WAIDWML - What Am I Doing With My Life?

(8 Phi-4s in a trenchcoat)

Rationale

So there I was, finding some inspiration to tune stuff but lacking the disposable funds to do anything with the larger models. Enter Phi-4, a model designed for productivity... Initially it was just a going to be a sequential series of finetunes, starting from the baseline Phi-4 and gradually adding more datasets until I either got bored or it got good, but then I had an idea; what if I just MoE'd it?

Yeah.

As a proof of concept, this wasn't too bad. The end result is... interesting, to say the least.

Training

As mentioned above, this was done in "phases", each with a separate dataset. Most were done with a max_seq_length of 32k, a few of them were dropped to 16k to make sure they fit in the hardware.

lr was all over the place but in general somewhere between 1e-5 and 4e-6. These were all separate LoRAs using r=64 and alpha=32 with rsLoRA enabled. epochs were 2 or 3 for everything except c2, as that'd take far too long.

  • p1: Private RP dataset (RPT-Varied-Small)
  • p2: TheDrummer/AmoralQA-v2
  • p3: AIRRC/Eudaimonic
  • p4: Two private RP datasets (cc-gpt4-sfw-sharegpt & cc-gpt4-nsfw-sharegpt)
  • p5: A random subset of the infamous "c2"-logs dataset, cleaned and deduped (approx. 30%)
  • p6: Private RP dataset (RPT-Varied-Small_v1.5)
  • p7: NewEden/PIPPA-Mega-Filtered
  • p8: Squish42/bluemoon-fandom-1-1-rp-cleaned

(Note: the RPT-Varied-Small and RPT-Varied-Small_v1.5 datasets are due to be released after I manually verify their fitness.)

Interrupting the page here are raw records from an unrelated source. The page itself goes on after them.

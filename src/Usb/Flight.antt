-- ===== src/Usb/Flight.antt =====
-- The transfers that are in flight, as src/usb_async.cpp has submitted them.
use libhdcp.Base.{
  ℕ, ◌≡◌, ◌≢◌, refl, suc, ◌+◌, ◌-◌, ◌==◌, ◌≤◌, arith, List, [], ◌∷◌, ◌++◌, if◌then◌else◌,
}
use libhdcp.Usb.Device.{without}

-- How often a transfer is in flight.
abbrev pub times : ℕ → List ℕ → ℕ
times i [] = 0
times i (j ∷ js) = if i == j then suc (times i js) else times i js

pub times-append : (i : ℕ) (xs ys : List ℕ) → times i (xs ++ ys) ≡ times i xs + times i ys
times-append i [] ys = omega arith
times-append i (x ∷ xs) ys = ground (arith, times-append i xs ys)

pub times-without : (i : ℕ) (xs : List ℕ) → times i (without i xs) ≡ times i xs - 1
times-without i [] = omega arith
times-without i (x ∷ xs) = ground (arith, times-without i xs)

pub times-without_other : (i j : ℕ) (xs : List ℕ) → i ≢ j → times j (without i xs) ≡ times j xs
times-without_other i j [] n = refl
times-without_other i j (x ∷ xs) n = ground (arith, times-without_other i j xs n)

pub times-without_le : (i j : ℕ) (xs : List ℕ) → times j (without i xs) ≤ times j xs
times-without_le i j [] = omega arith
times-without_le i j (x ∷ xs) = ground (arith, times-without_le i j xs)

Once all LoRAs were trained, I separately merged them into the base model then I used mergekit (config) to "merge" them into a MoE. I chose to initialize the router randomly as I was going to training that part later. After that, I trained the routing layers for 8 epochs with lr = 1e-6 and grimulkan/LimaRP-augmented as the dataset. It took roughly 8.5 hours on a 6xA40 instance on RunPod.

Recommended Settings

Phi-4 format. What I used for my tests:

  • Temp 1
  • minP 0.05

FAQ

Q: Why not do anything constructive, like GRPO-tune a model of usable size?
A: Where's the fun in that?

Q: Are you, like, okay?
A: Objectively? Probably not. Subjectively? Never better.

Q: You know this still sucks for RP, right?
A: Yup. Should have pivoted to reasoning and code once R1 hit, but sunk cost and all kept me on this trajectory.